Our shelter population in the state continued to swell, fatigue was setting in on the caregivers (medical and mental health personnel). We now needed to periodically check out the caregivers. Now we realized that the comfort of instant communication and computer access we had become so dependent on was now a very fragile system. We knew the lists of people searching for loved ones and where they were being sent was going to be critical for case management in the future. The major social service and medical delivery system in the state was in the impacted area. For instance, in the New Orleans area they had six methadone clinics. Baton Rouge has one. Many of the patients coming through the MASH type unit had been off of major psychotropic medication and under a great deal of stress. Concerns were mounting daily. Also emerging was the ever-increasing number of children who were separated from their parents and caregivers or children who were with caregivers who were now too ill to take care of them. The potential for a bulging foster care population became apparent (not just in Louisiana but even in the states where the families were being evacuated).

September 3, 2005

Could it just be Saturday? This is just the fifth day since the storm struck and we do not see much improvement except the volume of patients coming in seem to be leveling off as some are now being diverted to other states before coming to the LSU MASH type operation. We continue to provide the same services; however, we are now primarily relocating evacuees to other states. Primary site is Texas (thank God for Texas). My greatest success today was connecting a frail woman with congestive heart failure with her daughter (who herself was staying with friends as her home was flooded). I was lucky and located a nursing facility close to her daughter who was going to travel the next day to the facility to see her mother. That telephone reunion I will cherish for my entire life.

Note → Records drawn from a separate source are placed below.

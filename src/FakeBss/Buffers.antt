-- ===== src/FakeBss/Buffers.antt =====
-- chip_fake_bss.cpp: the buffers of the fake networks, and what a buffer holds after appending elements.
use Prim.Native.Nat.add
use wificx_skeleton.Prelude.{
  ℕ, zero, suc, ◌+◌, ◌-◌, ◌≤◌, ◌≡◌, ap, ◌∙◌, Bool, List, [], ◌∷◌, ◌++◌, if◌then◌else◌, length, drop,
  take, take_all, length-append, length-take, length-drop, copy_memory, length-copy_memory, arith,
}
use wificx_skeleton.Frame.{freq_to_channel}
use wificx_skeleton.Frame.Elements.{ie_append_fits, Element, take-append}
use wificx_skeleton.FakeBss.{FakeBss, rates, rsn, write_at, append_at}

-- The elements of a network, in the order of the source, without or with the RSN element.
abbrev pub elements_with : FakeBss → Bool → List Element
elements_with e protected =
    record { id = 0; payload = take e.ssid_length e.ssid }
    ∷ record { id = 1; payload = rates }
    ∷ record { id = 3; payload = freq_to_channel e.frequency_mhz ∷ [] }
    ∷ (if protected then record { id = 48; payload = rsn } ∷ [] else [])

abbrev pub elements : FakeBss → List Element
elements e = elements_with e e.use_rsn

-- The table's buffers and the 802.11 bound on an SSID.
pub record IsBss (e : FakeBss) : Type 0 where
  pub ssid_bound : e.ssid_length ≤ 32
  pub ssid_memory : length e.ssid ≡ 32
  pub ie_memory : length e.ie_buffer ≡ 128
  pub beacon_memory : length e.beacon_buffer ≡ 140

-- An SSID of at most 32 bytes in a buffer of 32.
pub record HasSsid (e : FakeBss) : Type 0 where
  pub bound : e.ssid_length ≤ 32
  pub buffer : length e.ssid ≡ 32

-- The table's promise on the buffer of a network's beacon.
abbrev pub IsSized : FakeBss → Type 0
IsSized e = e.beacon_length ≤ length e.beacon_buffer

-- A buffer of `size` bytes, filled with `bytes` up to the offset.
pub record Holds (size : ℕ) (s : List ℕ × ℕ) (bytes : List ℕ) : Type 0 where
  pub filled : take s.1 s.0 ≡ bytes
  pub offset : s.1 ≡ length bytes
  pub memory : length s.0 ≡ size

pub length-write_at :
    (buf : List ℕ) (off : ℕ) (bytes : List ℕ)
    → off + length bytes ≤ length buf
    → length (write_at buf off bytes) ≡ length buf
length-write_at buf off bytes h = omega (
  arith,
  length-append (take off buf) (copy_memory (drop off buf) bytes (length bytes)),
  length-copy_memory (length bytes) (drop off buf) bytes,
  length-take off buf,
  length-drop off buf,
)

pub take-write_at :
    (buf : List ℕ) (off : ℕ) (bytes : List ℕ)
    → off ≤ length buf
    → take (off + length bytes) (write_at buf off bytes) ≡ take off buf ++ bytes
take-write_at buf zero bytes h =
    rw (add.zero (length bytes), take_all bytes) (take-append bytes (drop (length bytes) buf))
take-write_at [] (suc off) bytes h = absurd (omega arith)
take-write_at (b ∷ buf) (suc off) bytes h =
    rw (add.suc off (length bytes)) (ap (λ l. b ∷ l) (take-write_at buf off bytes (omega arith)))

pub append_at-Holds :
    (size : ℕ) (s : List ℕ × ℕ) (bytes : List ℕ) (id : ℕ) (payload : List ℕ) (len : ℕ)
    → Holds size s bytes
    → length bytes + 2 + len ≤ size
    → len ≤ length payload
    → Holds size (append_at size s id payload len) (bytes ++ (id ∷ len ∷ take len payload))
unfolding append_at
append_at-Holds size (buf, off) bytes id payload len v h k =
    let new : List ℕ = id ∷ len ∷ take len payload in
    let size_new : length new ≡ 2 + len = omega (arith, length-take len payload) in
    rw (ie_append_fits (drop off buf) (size - off) id payload len (omega (arith, v.offset)))
      (record {
        filled =
            take-write_at buf off new (omega (arith, v.offset, v.memory))
            ∙ ap (λ l. l ++ new) v.filled;
        offset = omega (arith, v.offset, length-append bytes new);
        memory = length-write_at buf off new (omega (arith, v.offset, v.memory)) ∙ v.memory;
      })

-- The bytes of an element whose payload is cut at a length.
abbrev pub cut : ℕ → List ℕ → ℕ → List ℕ
cut id payload len = id ∷ len ∷ take len payload

abbrev pub after_ds : FakeBss → List ℕ × ℕ
after_ds e =
    append_at 128 (append_at 128 (append_at 128 (e.ie_buffer, 0) 0 e.ssid e.ssid_length) 1 rates 8)
      3 (freq_to_channel e.frequency_mhz ∷ []) 1

abbrev pub common : FakeBss → List ℕ
common e =
    (cut 0 e.ssid e.ssid_length ++ cut 1 rates 8) ++ cut 3 (freq_to_channel e.frequency_mhz ∷ []) 1

pub length-cut :
    (id : ℕ) (payload : List ℕ) (len : ℕ)
    → len ≤ length payload
    → length (cut id payload len) ≡ 2 + len
length-cut id payload len h = omega (arith, length-take len payload)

Calls from social workers from throughout the country continue to pour in. I direct them to the American Red Cross. I have also urged them to realize that this is a disaster that will not be of short duration. The re-located, newly homeless, the ill, the unemployed, the separated families, and the trauma will be with many of us for months and years to come. We will desperately need them later. I am proud that I am a social worker. What a great profession.

September 4, 2005

We are beginning to see the impact of the increased involvement of the federal government. More and more have been evacuated from New Orleans. The lesser know affected areas are now coming into focus. The nation catches its breath and realizes the impact that this storm will have on the entire country. We who are in the heart of the disaster can only look to the next sound of a helicopter.

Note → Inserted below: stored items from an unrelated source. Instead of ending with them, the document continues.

-- ===== src/FakeAssoc/Bodies.antt =====
-- The bodies that the fake chip hands to WdiEmitAssociationResult keep the contract of wdi_mmpdu.h.
use Prim.Native.Nat.add
use mathlib.Core.List.{append_assoc, append-nil}
use wificx_skeleton.Prelude.{
  Option, none, All, Bool-cases, inl, inr, get_or, get_or-take, bit_and, subst, length-take, ◌/◌,
  ◌^◌, ℕ, ◌%◌, ◌≤◌, ◌<◌, ◌≡◌, refl, sym, ap, ◌∙◌, Bool, true, false, List, [], ◌∷◌, ◌++◌, some,
  if◌then◌else◌, length, take, arith, length-append,
}
use wificx_skeleton.Frame.{Mac, mac_equal, freq_to_channel}
use wificx_skeleton.Frame.Elements.{Element, encode}
use wificx_skeleton.Mmpdu.{assert_is_body}
use wificx_skeleton.Mmpdu.Shape.{assert_is_body_of_odd}
use wificx_skeleton.FakeBss.{FakeBss, rates, write_at, append_at}
use wificx_skeleton.FakeBss.Buffers.{
  HasSsid, Holds, length-write_at, take-write_at, append_at-Holds, cut, length-cut, elements_with,
}
use wificx_skeleton.FakeAssoc.{capability, build_req_body, build_resp_body, find_bss}

-- A buffer that starts with the fixed fields.
fixed-Holds :
    (buf fixed : List ℕ) (off : ℕ)
    → off ≡ length fixed
    → length buf ≡ 128
    → off ≤ 128
    → Holds 128 (write_at buf 0 fixed, off) fixed
fixed-Holds buf fixed off e m h = record {
  filled = rw e (
      ap (λ n. take n (write_at buf 0 fixed)) (sym (add.zero (length fixed)))
      ∙ take-write_at buf 0 fixed (omega arith));
  offset = e;
  memory = length-write_at buf 0 fixed (omega (arith, e)) ∙ m;
}

-- The elements of a request: SSID, rates and channel.
abbrev pub req_elements : FakeBss → List Element
req_elements e = elements_with e false

-- The elements of a response: rates and channel.
abbrev pub resp_elements : FakeBss → List Element
resp_elements e =
    record { id = 1; payload = rates }
    ∷ record { id = 3; payload = freq_to_channel e.frequency_mhz ∷ [] }
    ∷ []

abbrev cap_low : Bool → ℕ
cap_low protected = if protected then 0x11 else 0x01

-- The fixed fields of the two bodies: the capability (ESS, and privacy for a protected network), the
-- listen interval 10, or the status 0 and the association id with its two top bits set.
abbrev pub req_fixed : FakeBss → List ℕ
req_fixed e = cap_low e.use_rsn ∷ 0 ∷ 10 ∷ 0 ∷ []

abbrev pub resp_fixed : FakeBss → List ℕ
resp_fixed e = cap_low e.use_rsn ∷ 0 ∷ 0 ∷ 0 ∷ 1 ∷ 0xc0 ∷ []

capability_bytes :
    (protected : Bool)
    → (bit_and (capability protected) 0xff ≡ cap_low protected)
      × (capability protected / 2 ^ 8 % 256 ≡ 0)
unfolding capability
capability_bytes true = (refl, refl)
capability_bytes false = (refl, refl)

resp_body-Holds :
    (buf : List ℕ) (e : FakeBss)
    → length buf ≡ 128
    → Holds 128 (build_resp_body buf 128 e 1) (resp_fixed e ++ encode (resp_elements e))
unfolding build_resp_body
resp_body-Holds buf e m =
    let (low, high) = capability_bytes e.use_rsn in
    rw (low, high)
      (append_at-Holds 128 (append_at 128 (write_at buf 0 (resp_fixed e), 6) 1 rates 8)
        (resp_fixed e ++ cut 1 rates 8) 3 (freq_to_channel e.frequency_mhz ∷ []) 1
        (append_at-Holds 128 (write_at buf 0 (resp_fixed e), 6) (resp_fixed e) 1 rates 8
          (fixed-Holds buf (resp_fixed e) 6 refl m (omega arith)) (omega arith) (omega arith))
        (omega arith) (omega arith))

req_bytes :
    (e : FakeBss)
    → length (take e.ssid_length e.ssid) ≡ e.ssid_length
    → ((req_fixed e ++ cut 0 e.ssid e.ssid_length) ++ cut 1 rates 8)
        ++ cut 3 (freq_to_channel e.frequency_mhz ∷ []) 1
      ≡ req_fixed e ++ encode (req_elements e)
req_bytes e h = rw h (simp (append_assoc, append-nil))

cap_low-odd : (protected : Bool) → cap_low protected % 2 ≡ 1
cap_low-odd true = refl
cap_low-odd false = refl

req_body-Holds :
    (buf : List ℕ) (e : FakeBss)
    → HasSsid e
    → length buf ≡ 128
    → Holds 128 (build_req_body buf 128 e) (req_fixed e ++ encode (req_elements e))
unfolding build_req_body
req_body-Holds buf e v m =
    let (low, high) = capability_bytes e.use_rsn in
    let fits : e.ssid_length ≤ length e.ssid = omega (arith, v.bound, v.buffer) in
    let start : List ℕ × ℕ = (write_at buf 0 (req_fixed e), 4) in
    let s1 : List ℕ × ℕ = append_at 128 start 0 e.ssid e.ssid_length in
    let s2 : List ℕ × ℕ = append_at 128 s1 1 rates 8 in
    let ssid : List ℕ = cut 0 e.ssid e.ssid_length in
    rw (low, high)
      (subst (Holds 128 (append_at 128 s2 3 (freq_to_channel e.frequency_mhz ∷ []) 1))
        (req_bytes e (omega (arith, length-take e.ssid_length e.ssid)))
        (append_at-Holds 128 s2 ((req_fixed e ++ ssid) ++ cut 1 rates 8) 3
          (freq_to_channel e.frequency_mhz ∷ []) 1
          (append_at-Holds 128 s1 (req_fixed e ++ ssid) 1 rates 8
            (append_at-Holds 128 start (req_fixed e) 0 e.ssid e.ssid_length
              (fixed-Holds buf (req_fixed e) 4 refl m (omega arith)) (omega (arith, v.bound)) fits)
            (omega (arith, v.bound, length-cut 0 e.ssid e.ssid_length fits)) (omega arith))
          (omega (
            arith,
            v.bound,
            length-cut 0 e.ssid e.ssid_length fits,
            length-append (req_fixed e ++ ssid) (cut 1 rates 8),
          ))
          (omega arith)))

assert_is_body-Holds :
    (s : List ℕ × ℕ) (low : ℕ) (rest : List ℕ)
    → Holds 128 s (low ∷ rest)
    → low % 2 ≡ 1
    → assert_is_body (some s.0) s.1 ≡ true
assert_is_body-Holds (buf, off) low rest v h =
    let first : get_or buf 0 0 ≡ low =
      sym (get_or-take buf off 0 0 (omega (arith, v.offset))) ∙ ap (λ l. get_or l 0 0) v.filled in
    assert_is_body_of_odd buf off (omega (arith, first))

-- In buffers of 128 bytes, and of any network with an SSID of at most 32 bytes in a buffer of 32, the
-- two bodies start with the fixed fields and carry the elements of a request (SSID,
-- rates, channel) and of a response (rates and channel; no SSID, although the comment over the
-- builders names it for both), whole; both are longer than 0, and both pass
-- the check that they are no unstripped frames.
pub build_body_lem :
    (req resp : List ℕ) (e : FakeBss)
    → HasSsid e
    → length req ≡ 128
    → length resp ≡ 128
    → let (req', req_len) = build_req_body req 128 e in
      let (resp', resp_len) = build_resp_body resp 128 e 1 in
      (take req_len req' ≡ req_fixed e ++ encode (req_elements e))
      × (take resp_len resp' ≡ resp_fixed e ++ encode (resp_elements e))
      × (0 < req_len)
      × (0 < resp_len)
      × (assert_is_body (some req') req_len ≡ true)
      × (assert_is_body (some resp') resp_len ≡ true)
build_body_lem req resp e v m n =
    let a = req_body-Holds req e v m in
    let b = resp_body-Holds resp e n in
    (
      a.filled,
      b.filled,
      omega (arith, a.offset),
      omega (arith, b.offset),
      assert_is_body-Holds (build_req_body req 128 e) (cap_low e.use_rsn) _ a
          (cap_low-odd e.use_rsn),
      assert_is_body-Holds (build_resp_body resp 128 e 1) (cap_low e.use_rsn) _ b
          (cap_low-odd e.use_rsn),
    )

-- What the search in a table finds has its SSID in its buffer.
abbrev pub IsFound : Option FakeBss → Type 0
IsFound none = Unit {0}
IsFound (some e) = HasSsid e

pub find_bss-IsFound : (es : List FakeBss) (key : Mac) → All HasSsid es → IsFound (find_bss es key)
unfolding find_bss
find_bss-IsFound [] key h = tt
find_bss-IsFound (e ∷ es) key h = elim (Bool-cases (mac_equal e.bssid key)) [
  | inl p ↦ rw p h.0
  | inr p ↦ rw p (find_bss-IsFound es key h.1)
]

We are now deploying volunteer social workers to the hospitals to help provide support to those who have flooded our facilities. Their needs are so great that the social work staff in the hospitals need additional support. We continue to see displaced children that need intervention. The profession is everywhere. We get messages from organizations that have systems that are up and running. Staff in the Louisiana Chapter has maintained contact through the use of Blackberries.

September 5, 2005

It’s Labor Day in the rest of the country and we are still in crisis intervention mode. Shelter staff and hospital staff that were still in New Orleans have now been evacuated and need Critical Incident Stress Management. We will continue to see the need to provide social work intervention. Case management services will be needed to help displaced individuals and families.

We will be bringing the office back up on Tuesday. There are coordinating meetings scheduled for mental health and nonprofit providers to develop future plans.